Wanted to expand and sort of answer the questions I asked here.
- One solution, which is probably the best solution, is to dynamically
add more A and B resources. If you can spin up new resources then you're
guaranteed to have online, not running nodes which Jenkins can then just
take to use in the pipeline. For me, though, nodes A and B are actual
hardware so they aren't something I can dynamically add or remove, per se.
- Another is to put a timeout around the whole pipeline so it's always
capped. Then, when the node goes offline, the pipeline won't wait
indefinitely and will die once the timeout is reached.
- The way I'm going to do it will be to have a while loop and to add or
remove any online or offline nodes every loop, respectively, and check if
there are ANY nodes that are busy (running). If there are any busy nodes
then I'll just wait for some time and attempt the loop again. I'll probably
cap it at some max runtime, too.
- Another way to do it, I think, is to do as above and use a while loop
but instead of waiting for ALL resources to be available you could probably
just create the branches map for any resources that are available (online
and not running) at the time of the loop and just run those with parallel
repeatedly until there is nothing left to run. You'd have to wait for each
parallel to complete in this case, though, before you could attempt the
next set of parallel runs (as far as I know).
On Monday, February 12, 2018 at 7:06:39 PM UTC-7, Brownjay wrote:
>
> Hi,
>
> I feel like this is certainly a situation someone has run into before but
> I haven't been able to think up a non-trivial solution for my use case:
>
>- Lets say I have two pipelines, P1 and P2, that do stuff and both
>need the same two executors/slaves/nodes A and B
>- P1 enters the queue first and takes both A and B and starts doing
>it's stuff in parallel (using parallel)
>- Then P2 enters the queue while A and B are being used, still, by P1;
>A and B are still online but they're unavailable for P2 to use (you'd see
>it waiting for the executors to be available in the console, for example)

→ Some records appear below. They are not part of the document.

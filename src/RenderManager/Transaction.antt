-- ===== src/RenderManager/Transaction.antt =====
-- BeginFile and Commit of internal/tmpl/manager/manager.go as a transaction.
use go_asyncapi.Common.{
  ◌≡◌, ◌≢◌, refl, Bool, true, false, some, List, [], ◌∷◌, ◌++◌, Bytes, if◌then◌else◌, ◌==◌,
  bytes_eq, ap, sym, ◌∙◌, false_of_ne, eq_refl, Option-cases, inl, inr, Bool-cases, ==_iff,
}
use go_asyncapi.Common.GoMap.{lookup, insert, lookup-insert}
use mathlib.Core.Option.{some_inj}
use go_asyncapi.Namespace.{NamespaceManager}
use go_asyncapi.RenderManager.{
  Imports, FileRenderState, RenderManager, write_imports, write_namespace, write_buffer, registered,
  registered_in, begin_file, commit, committed, close_file, fresh_state,
}

-- What a template leaves in the working state.
pub record Work (O : Type 0) : Type 0 where
  pub output : Bytes
  pub imports : Imports
  pub namespace : NamespaceManager O

-- Every state is committed under its own file name.
abbrev pub IsKeyed : List (Bytes × FileRenderState) → Type 0
IsKeyed states = (h : Bytes) (st : FileRenderState) → lookup h states ≡ some st → st.file_name ≡ h

lookup-registered_in :
    (g : Bytes → Bytes) (f p h : Bytes) (states : List (Bytes × FileRenderState))
    → lookup h (registered_in g f p (lookup f states) states)
      ≡ (if f == h then some (registered g f p (lookup f states)) else lookup h states)
lookup-registered_in g f p h states = elim (Option-cases (lookup f states)) [
  | inl e ↦ rw e (lookup-insert f h (fresh_state g f p) states)
  | inr (st, e) ↦ elim (Bool-cases (f == h)) [
    | inl q ↦ rw (e, q, sym ((==_iff f h).0 q), e) refl
    | inr q ↦ rw (e, q) refl
  ]
]

registered-file_name :
    (g : Bytes → Bytes) (f p : Bytes) (states : List (Bytes × FileRenderState))
    → IsKeyed states
    → (registered g f p (lookup f states)).file_name ≡ f
registered-file_name g f p states k = elim (Option-cases (lookup f states)) [
  | inl e ↦ rw e refl
  | inr (st, e) ↦ rw e (k f st e)
]

-- What a commit of this work makes of the file's state.
abbrev pub extended : {O : Type 0} → FileRenderState → Work O → FileRenderState
extended st w = record st { imports = w.imports; buffer = st.buffer ++ w.output ++ 10 ∷ [] }

overwritten :
    {A : Type 0} (b : Bool) (x y z w : A)
    → y ≡ (if b then w else z)
    → (if b then x else y) ≡ (if b then x else z)
overwritten true x y z w e = refl
overwritten false x y z w e = e

abbrev file_name_of : FileRenderState → Bytes
file_name_of st = st.file_name

module _ {O : Type 0} where
  abbrev pub apply_work : RenderManager O → Work O → RenderManager O
  apply_work r w = write_buffer (write_namespace (write_imports r w.imports) w.namespace) w.output

  abbrev pub stored : RenderManager O → FileRenderState → RenderManager O
  stored r state = record (close_file r) {
    state_committed = insert r.file_name (committed r state) r.state_committed;
    imports_shared = some r.file_name;
    buffer = [];
  }

  commit-stored :
      (r : RenderManager O) (st : FileRenderState)
      → r.file_name ≢ []
      → lookup r.file_name r.state_committed ≡ some st
      → commit r ≡ some (stored r st)
  unfolding commit
  commit-stored r st h e = rw (false_of_ne r.file_name [] h, e) refl

  -- The manager with this file begun and this work done in it.
  abbrev pub worked : (Bytes → Bytes) → Bytes → Bytes → RenderManager O → Work O → RenderManager O
  worked g f p r w = apply_work (begin_file g f p r) w

  -- What a commit stores of work on a file: the work's output after what the file held, with a
  -- newline, its imports, its namespace; the other files keep their states.
  pub Commits : (Bytes → Bytes) → Bytes → Bytes → RenderManager O → Work O → Type 0
  Commits g f p r w =
      (r' : RenderManager O) × (commit (worked g f p r w) ≡ some r')
      × (r'.namespace_committed ≡ w.namespace)
      × IsKeyed r'.state_committed
      × ((h : Bytes)
          → lookup h r'.state_committed ≡ (
              if f == h
              then some (extended (registered g f p (lookup f r.state_committed)) w)
              else lookup h r.state_committed))

  worked-lookup :
      (g : Bytes → Bytes) (f p h : Bytes) (r : RenderManager O) (w : Work O)
      → lookup h (worked g f p r w).state_committed ≡ (
          if f == h
          then some (registered g f p (lookup f r.state_committed))
          else lookup h r.state_committed)
  unfolding begin_file write_imports write_namespace write_buffer
  worked-lookup g f p h r w = lookup-registered_in g f p h r.state_committed

  stored-lookup :
      (g : Bytes → Bytes) (f p h : Bytes) (r : RenderManager O) (w : Work O)
      → IsKeyed r.state_committed
      → lookup h
          (stored
            (worked g f p r w)
            (registered g f p (lookup f r.state_committed))).state_committed
        ≡ (if f == h
            then some (extended (registered g f p (lookup f r.state_committed)) w)
            else lookup h r.state_committed)
  unfolding begin_file write_imports write_namespace write_buffer
  stored-lookup g f p h r w k =
      let states = r.state_committed in
      let st = registered g f p (lookup f states) in
      ap (λ n. lookup h (insert n (extended st w) (registered_in g f p (lookup f states) states)))
        (registered-file_name g f p states k)
      ∙ lookup-insert f h (extended st w) (registered_in g f p (lookup f states) states)
      ∙ overwritten (f == h) (some (extended st w))
          (lookup h (registered_in g f p (lookup f states) states)) (lookup h states) (some st)
          (lookup-registered_in g f p h states)

  IsKeyed-after :
      (g : Bytes → Bytes) (f p : Bytes) (r : RenderManager O) (w : Work O) (r' : RenderManager O)
      → IsKeyed r.state_committed
      → ((h : Bytes)
          → lookup h r'.state_committed ≡ (
              if f == h
              then some (extended (registered g f p (lookup f r.state_committed)) w)
              else lookup h r.state_committed))
      → IsKeyed r'.state_committed
  IsKeyed-after g f p r w r' k l h st e = elim (Bool-cases (f == h)) [
    | inl q ↦
        sym (
          ap file_name_of (
            some_inj.0 (
              sym (
                l h
                ∙ ap
                    (λ b.
                      if b
                      then some (extended (registered g f p (lookup f r.state_committed)) w)
                      else lookup h r.state_committed)
                    q)
              ∙ e)))
        ∙ registered-file_name g f p r.state_committed k
        ∙ (==_iff f h).0 q
    | inr q ↦ k h st (
        sym (
          l h
          ∙ ap
              (λ b.
                if b
                then some (extended (registered g f p (lookup f r.state_committed)) w)
                else lookup h r.state_committed)
              q)
        ∙ e)
  ]

  -- Work on a file that is begun with a nonempty name and then committed is stored whole: the
  -- commit does not panic, the file holds the output after what it held before and a newline, and
  -- has the work's imports, the namespace is the work's, and no other file changes. Every state
  -- stays under its own name.
  pub commit-begin_file :
      (g : Bytes → Bytes) (f p : Bytes) (r : RenderManager O) (w : Work O)
      → f ≢ []
      → IsKeyed r.state_committed
      → Commits g f p r w
  unfolding Commits begin_file write_imports write_namespace write_buffer
  commit-begin_file g f p r w hf k =
      let states = r.state_committed in
      let st = registered g f p (lookup f states) in
      let name = registered-file_name g f p states k in
      (
        stored (worked g f p r w) st,
        commit-stored (worked g f p r w) st (λ e. hf (sym name ∙ e))
            (ap (λ n. lookup n (worked g f p r w).state_committed) name
              ∙ worked-lookup g f p f r w
              ∙ rw (eq_refl f) refl),
        refl,
        IsKeyed-after g f p r w (stored (worked g f p r w) st) k (λ h. stored-lookup g f p h r w k),
        λ h. stored-lookup g f p h r w k,
      )

  -- Work on a file that is not committed is dropped by the next BeginFile: nothing of the output,
  -- the imports or the namespace of a template that failed reaches a file, whatever file is begun.
  pub begin_file-discards :
      (g : Bytes → Bytes) (f p f' p' : Bytes) (r : RenderManager O) (w : Work O)
      → begin_file g f' p' (worked g f p r w) ≡ begin_file g f' p' (begin_file g f p r)
  unfolding begin_file write_imports write_namespace write_buffer
  begin_file-discards g f p f' p' r w = refl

>- However, B fails and has the node taken offline on failure
>- P1 completes with A eventually passing and B failed and took the
>node offline. Perhaps, depending on timing, P2 started using A when it
>passed.
>- P2 is now waiting forever until node B is brought online again
>
> How can one check in the pipeline P2 that node B is offline and just break
> out?
>
> If the node was offline at the start of P2 then it's easy to check and
> exclude it. However, if B is online when P2 enters the queue and sets up
> the parallel runs of A and B and sits and waits for them to be available
> and one of them goes offline then how does the pipeline get notified it's
> offline and move on to do whatever? Doesn't seem to happen automatically
> and I can't figure out how to check inside a node block that itself is
> offline (B checking if it itself is offline).
>
> Here's a simple pipeline groovy script I made to help me figure out the
> issue:
>
> // Branches for parallel node runs
> def branches = [:]
> // Nodes. In real setup this would only contain nodes that are online at
> the time the pipeline runs
> def node_names = ["A", "B"]
> // Short sleep time of 15 seconds. Later, it'll get reduced to 5 if the
> node name is B
> def sleep_time = 15
>
> // Loop through the nodes and create the data in the branch list to run in
> parallel on at the end
> node_names.each { node_name ->
> println node_name
>
> branches["node_" + node_name] = {
> // Doing something like this doesn't do anything
> //if (!isNodeOnline(node_name)) {
> //println "node name " + node_name + " is offline, returning"
> //return
> //}
>
> node(node_name) {
> // If the node that is being looked at is B then set the sleep
> time to 5 so that it runs
> // a shorter time than A. Later, it's hardcoded to fail B and
> take it offline. This way
> // A stays in the queue running and B is done and offline.
> def temp_sleep_time = sleep_time
> if (node_name == "B") {
> temp_sleep_time = 5
> }
>
> timestamps {
> stage("pre-build") {
> println "Prebuilding " + node_name + "!"
> sleep time: temp_sleep_time, unit: 'SECONDS'
> println "Done with pre-build!"
> }
> stage("build") {
> println "Building " + node_name + "!"
> sleep time: temp_sleep_time, unit: 'SECONDS'
> println "Done with build!"
> }
> stage("post-build") {
> println "Post building " + node_name + "!